曹恒點頭:“魏將軍是跟了父親多年的老人,父親的脾性你比我更了解。他可以給每一個人很多好處,卻絕對不容許任何人背著他做一些蠅營狗茍的事情。”
“長公子說的是。”魏圖回道:“魏王的脾性,我確實是非常了解。給了摸金營如此高的薪俸,正是因為將士們做的都是為大魏謀取錢財的事情。將士們見過的財寶太多,而且這些財寶都是沒有主人看顧的。他們要是想從中撈取一些,也沒人能發現什么。可一旦被發現,撈取財寶的將士要面對的就不再僅僅只是拿出來那么簡單。沒了薪俸還丟了性命,對于任何人來說都是不劃算的。”
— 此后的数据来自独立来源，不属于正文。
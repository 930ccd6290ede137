-- ===== src/Triage/State.antt =====
-- The triage state stays well formed under every operation.
use mathlib.Core.Logic.Or
use mathlib.Core.List.{Mem, mem-cons, not-mem-nil}
use mathlib.Core.Bool.{Bool-set}
use apex_ray.Base.{
  ◌⊎◌, ◌≡◌, refl, sym, ◌∙◌, inl, inr, String, Bool, true, false, not, Option, none, some, List, [],
  ◌∷◌, arith, ◌==◌, ==_iff, string_eq, String-set, option_eq, filter, contains, All, Bool-cases,
  Option-cases, ltb, length,
}
use apex_ray.Base.Dict.{Dict, lookup, insert, lookup-insert}
use apex_ray.Base.Distinct.{
  Distinct, Distinct-filter, Distinct-drop, Distinct-snoc, Distinct-map, Distinct-sorted,
  filter-All, All-filter, mem-All, Hides, All-of-mem,
}
use apex_ray.Models.{TriageConfig}
use apex_ray.Triage.{
  Datetime, FindingSuppression, FindingCandidate, TriageState, active_at, is_expired, ApplyState,
  start, touched, same_scope, add_or_replace_suppression, remove_suppressions, prune_triage_state,
  used_le, apply_match, apply_candidates, next_suppressions, matching_suppression,
  apply_suppressions, get_or,
}
use apex_ray.Triage.Scope.{matching_suppression_sound}

unfoldable pub same_id : FindingSuppression → FindingSuppression → Bool
same_id s t = s.id == t.id

-- No two suppressions share an id, and no two have the same finding, context pack and base reference.
pub record IsValid (state : TriageState) : Type 0 where
  pub ids : Distinct same_id state.suppressions
  pub scopes : Distinct same_scope state.suppressions

same_id_comm : (s t : FindingSuppression) → same_id s t ≡ same_id t s
unfolding same_id
same_id_comm s t = ground arith

same_scope_comm : (s t : FindingSuppression) → same_scope s t ≡ same_scope t s
unfolding same_scope
same_scope_comm s t = ground (arith, ref_comm s.target_base_ref t.target_base_ref)
  where
    ref_comm : (a b : Option String) → (a == b) ≡ (b == a)
    ref_comm a b = ground arith

eq_false_of_not : (b : Bool) → not b ≡ true → b ≡ false
eq_false_of_not b h = ground arith

All-not {ℓ} :
    {A : Type ℓ} (p : A → Bool) (xs : List A)
    → All (λ x. not (p x) ≡ true) xs
    → All (λ x. p x ≡ false) xs
All-not p [] h = tt
All-not p (x ∷ xs) h = (eq_false_of_not (p x) h.0, All-not p xs h.1)

-- Adding a suppression under a fresh id keeps the state valid: it replaces the one of its scope.
pub add_or_replace_suppression-IsValid :
    (state : TriageState) (s : FindingSuppression)
    → IsValid state
    → All (λ t. same_id t s ≡ false) state.suppressions
    → IsValid (add_or_replace_suppression state s)
unfolding add_or_replace_suppression
add_or_replace_suppression-IsValid state s v fresh =
    let replaced : FindingSuppression → Bool = λ t. same_scope t s in
    record {
      ids =
          Distinct-snoc same_id _ s (Distinct-filter same_id (λ t. not (replaced t)) _ v.ids) (
            All-filter (λ t. same_id t s ≡ false) (λ t. not (replaced t)) state.suppressions fresh);
      scopes =
          Distinct-snoc same_scope _ s
            (Distinct-filter same_scope (λ t. not (replaced t)) _ v.scopes)
            (All-not replaced _ (filter-All (λ t. not (replaced t)) state.suppressions));
    }

pub remove_suppressions-IsValid :
    (state : TriageState) (selector : String) (now : Datetime)
    → IsValid state
    → IsValid (remove_suppressions state selector now).0
unfolding remove_suppressions
remove_suppressions-IsValid state selector now v = record {
  ids = Distinct-filter same_id _ state.suppressions v.ids;
  scopes = Distinct-filter same_scope _ state.suppressions v.scopes;
}

pub prune_triage_state-IsValid :
    (state : TriageState) (config : TriageConfig) (now : Datetime)
    → IsValid state
    → IsValid (prune_triage_state state config now).state
unfolding prune_triage_state
prune_triage_state-IsValid state config now v =
    let active = active_at now state.suppressions in
    let ids = Distinct-filter same_id (λ s. not (is_expired s now)) _ v.ids in
    let scopes = Distinct-filter same_scope (λ s. not (is_expired s now)) _ v.scopes in
    elim (Bool-cases (ltb config.max_active_suppressions (length active))) [
      | inl over ↦ rw over (record {
        ids = Distinct-drop same_id _ _ (Distinct-sorted same_id same_id_comm used_le active ids);
        scopes =
            Distinct-drop same_scope _ _
              (Distinct-sorted same_scope same_scope_comm used_le active scopes);
      })
      | inr within ↦ rw within (record { ids = ids; scopes = scopes })
    ]

-- What `updated_by_id` holds: suppressions of the state, touched.
module _ (suppressions : List FindingSuppression) (target : Option String) (now : Datetime) where
  abbrev pub IsTouched : Dict String FindingSuppression → Type 0
  IsTouched updated =
      (k : String) (u : FindingSuppression)
      → lookup k updated ≡ some u
      → (s : FindingSuppression) × Mem s suppressions × (s.id ≡ k) × (u ≡ touched now s)

  insert-IsTouched :
      (s : FindingSuppression) (updated : Dict String FindingSuppression)
      → Mem s suppressions
      → IsTouched updated
      → IsTouched (insert s.id (touched now s) updated)
  insert-IsTouched s updated m h k u e = elim (Bool-cases (k == s.id)) [
    | inl same ↦
        let e' = rw (lookup-insert k s.id (touched now s) updated, same) at e in
        (s, m, sym ((==_iff k s.id).0 same), cc)
    | inr differ ↦ h k u (rw (lookup-insert k s.id (touched now s) updated, differ) at e)
  ]

  apply_match-IsTouched :
      (c : FindingCandidate) (st : ApplyState) (m : Option (FindingSuppression × String))
      → matching_suppression c.snapshot suppressions target now ≡ m
      → IsTouched st.updated_by_id
      → IsTouched (apply_match now c m st).updated_by_id
  unfolding apply_match
  apply_match-IsTouched c st none e h = h
  apply_match-IsTouched c st (some (s, reason)) e h = elim (Bool-cases (reason == "")) [
    | inl r ↦
        let e' = rw ((==_iff reason "").0 r) at e in
        let found = matching_suppression_sound now target c.snapshot suppressions s e' in
        rw r (insert-IsTouched s st.updated_by_id found.0 h)
    | inr r ↦ elim (Bool-cases (contains s.id st.stale_ids)) [
      | inl known ↦ rw (r, known) h
      | inr fresh ↦ rw (r, fresh) h
    ]
  ]

  pub apply_candidates-IsTouched :
      (cs : List FindingCandidate) (st : ApplyState)
      → IsTouched st.updated_by_id
      → IsTouched (apply_candidates suppressions target now cs st).updated_by_id
  unfolding apply_candidates
  apply_candidates-IsTouched [] st h = h
  apply_candidates-IsTouched (c ∷ cs) st h =
      apply_candidates-IsTouched cs _ (apply_match-IsTouched c st _ refl h)

FindingSuppression-set : IsSet FindingSuppression
FindingSuppression-set = hlevel String-set

-- In a valid state an id determines its suppression.
same_id-eq :
    (s t : FindingSuppression) (xs : List FindingSuppression)
    → Distinct same_id xs
    → Mem s xs
    → Mem t xs
    → same_id s t ≡ true
    → s ≡ t
same_id-eq s t [] d ms mt e = absurd (not-mem-nil ms)
same_id-eq s t (x ∷ xs) d ms mt e =
    let apart : (u : FindingSuppression) → Mem u xs → same_id x u ≡ false =
      λ u m. mem-All (λ y. same_id x y ≡ false) (λ y. Bool-set _ _) u xs d.0 m in
    Or.elim (FindingSuppression-set s t) (mem-cons.0 ms)
      (λ es.
        Or.elim (FindingSuppression-set s t) (mem-cons.0 mt) (λ et. es ∙ sym et)
          (λ mt'. let differ = apart t mt' in absurd (cc)))
      (λ ms'.
        Or.elim (FindingSuppression-set s t) (mem-cons.0 mt)
          (λ et. let differ = apart s ms' in let flip = same_id_comm s t in absurd (cc))
          (λ mt'. same_id-eq s t xs d.1 ms' mt' e))

-- A suppression that is touched keeps its id and its scope.
touched-Hides_id : (now : Datetime) (s : FindingSuppression) → Hides same_id (touched now) s
unfolding same_id
touched-Hides_id now s t = (refl, refl)

touched-Hides_scope : (now : Datetime) (s : FindingSuppression) → Hides same_scope (touched now) s
unfolding same_scope
touched-Hides_scope now s t = (refl, refl)

module _ (suppressions : List FindingSuppression) (now : Datetime) (target : Option String)
    (updated : Dict String FindingSuppression) (d : Distinct same_id suppressions)
    (h : IsTouched suppressions target now updated) where
  latest : FindingSuppression → FindingSuppression
  latest s = get_or (lookup s.id updated) s

  latest-cases :
      (s : FindingSuppression) → Mem s suppressions → (latest s ≡ s) ⊎ (latest s ≡ touched now s)
  unfolding latest
  latest-cases s m = elim (Option-cases (lookup s.id updated)) [
    | inl e ↦ inl (rw e)
    | inr (u, e) ↦
        let (t, mt, same, eu) = h s.id u e in
        let id_eq : same_id t s ≡ true = unfold same_id in (==_iff t.id s.id).1 same in
        let q : t ≡ s = same_id-eq t s suppressions d mt m id_eq in inr (rw (e, eu, q))
  ]

  latest-Hides_id : (s : FindingSuppression) → Mem s suppressions → Hides same_id latest s
  latest-Hides_id s m = elim (latest-cases s m) [
    | inl e ↦ λ t. rw e (refl, refl)
    | inr e ↦ λ t. rw e (touched-Hides_id now s t)
  ]

  latest-Hides_scope : (s : FindingSuppression) → Mem s suppressions → Hides same_scope latest s
  latest-Hides_scope s m = elim (latest-cases s m) [
    | inl e ↦ λ t. rw e (refl, refl)
    | inr e ↦ λ t. rw e (touched-Hides_scope now s t)
  ]

  next_suppressions-Distinct :
      (R : FindingSuppression → FindingSuppression → Bool)
      → ((s : FindingSuppression) → Mem s suppressions → Hides R latest s)
      → Distinct R suppressions
      → (stale_ids : List String) → Distinct R (next_suppressions stale_ids updated suppressions)
  unfolding next_suppressions latest
  next_suppressions-Distinct R hides dr stale_ids =
      let live : FindingSuppression → Bool = λ s. not (contains s.id stale_ids) in
      Distinct-map R latest (filter live suppressions)
        (All-filter (Hides R latest) live suppressions
          (All-of-mem (Hides R latest) suppressions hides))
        (Distinct-filter R live suppressions dr)

pub apply_suppressions-IsValid :
    (candidates : List FindingCandidate) (state : TriageState) (target : Option String)
    (now : Datetime)
    → IsValid state
    → IsValid (apply_suppressions candidates state target now).state
unfolding apply_suppressions
apply_suppressions-IsValid candidates state target now v =
    let st = apply_candidates state.suppressions target now candidates start in
    let h =
      apply_candidates-IsTouched state.suppressions target now candidates start (λ k u e. cc) in
    record {
      ids =
          next_suppressions-Distinct state.suppressions now target st.updated_by_id v.ids h same_id
            (latest-Hides_id state.suppressions now target st.updated_by_id v.ids h) v.ids
            st.stale_ids;
      scopes =
          next_suppressions-Distinct state.suppressions now target st.updated_by_id v.ids h
            same_scope (latest-Hides_scope state.suppressions now target st.updated_by_id v.ids h)
            v.scopes st.stale_ids;
    }

-- The operations that change the triage state.
pub data Step (s : TriageState) : TriageState → Type 0 where
  replace :
      (t : FindingSuppression)
      → All (λ u. same_id u t ≡ false) s.suppressions
      → Step s (add_or_replace_suppression s t)
  remove : (selector : String) (now : Datetime) → Step s (remove_suppressions s selector now).0
  prune : (config : TriageConfig) (now : Datetime) → Step s (prune_triage_state s config now).state
  apply :
      (candidates : List FindingCandidate) (target : Option String) (now : Datetime)
      → Step s (apply_suppressions candidates s target now).state

pub data Reach (s : TriageState) : TriageState → Type 0 where
  here : Reach s s
  next : {t u : TriageState} → Reach s t → Step t u → Reach s u

Step-IsValid : {s t : TriageState} → IsValid s → Step s t → IsValid t
Step-IsValid {s} v (replace t fresh) = add_or_replace_suppression-IsValid s t v fresh
Step-IsValid {s} v (remove selector now) = remove_suppressions-IsValid s selector now v
Step-IsValid {s} v (prune config now) = prune_triage_state-IsValid s config now v
Step-IsValid {s} v (apply candidates target now) =
    apply_suppressions-IsValid candidates s target now v

-- In every state that adding under fresh ids, removing, pruning and applying reach from a valid one, no
-- two suppressions share an id, and no two have the same finding, context pack and base reference.
pub Reach-IsValid : {s t : TriageState} → IsValid s → Reach s t → IsValid t
Reach-IsValid v here = v
Reach-IsValid v (next r st) = Step-IsValid (Reach-IsValid v r) st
“魏將軍說的沒錯。”曹恒說道:“不過我覺得每次將士下墓葬的時候,哪些人去了,都要多記一筆。等到發放薪俸的時候,根據每一個人下墓葬的次數多發放一些薪俸,這樣才最為穩妥。畢竟做事的不能和不做事的拿同樣的薪俸,將軍認為我說的有沒有道理?”
“長公子說的是。”魏圖回道:“當初主公也曾與我提過這些。只是一直沒有采用。”
“等我回到長安,會與父親提起這件事。”曹恒說道:“至于做還是不做,將軍斟酌著就是了。”
曹恒的意思再明白不過,魏圖可以依照他的意思去辦,也可以不用依照著辦。
畢竟摸金營是魏圖在當家,他怎么帶兵,身為大魏長公子的曹恒還沒有權力去過問。”
摸金營將士把一袋袋的財寶送上地面。
有兩個摸金校尉正在帶人做著最后的清點。
曹恒留在山谷里,親自監督摸金營清點財寶,連夜趕回長安的鄧展,在天蒙蒙亮的時候就回到了城里。
一般來說,曹鑠都有早起的習慣。
回到長安,鄧展并沒有等候太久,他就得到了曹鑠已經起身的回復。
來到曹鑠寢宮。
鄧展進入庭院,看見曹鑠正在舞劍。
“主公好興致。”鄧展說道:“已是有好些天沒見主公早起舞劍。”
看到鄧展,曹鑠收勢站住。
他向鄧展問道:“于吉和曹恒怎么沒有跟你一同回來?”
“于吉果真帶著摸金營找到了財寶。”鄧展回道:“據說數目還是不少,所以長公子親自在山谷中盯著,請主公派人前去護送。于吉則要留在那里不知想做什么。”
“發現了財寶,交給魏圖去辦就好,哪需要他親自在那里盯著。”曹鑠微微一笑,對鄧展說道:“我看曹恒也是太過小心了。”
“我雖然沒有見著財寶,可長公子令我呈稟主公,請調撥兵馬前去保護,可見數目一定不少。”鄧展回道:“我覺著長公子并不是毫無來由的小心謹慎。”
“你倒是會替他說話。”曹鑠微微一笑,對鄧展說道:“傳我命令,要子龍和孟起倆人帶兵兩千,前去山口等著。”
“我這就去傳令。”鄧展先是應了,隨后向曹鑠問道:“主公難道不想問一問于吉留在那里做什么?”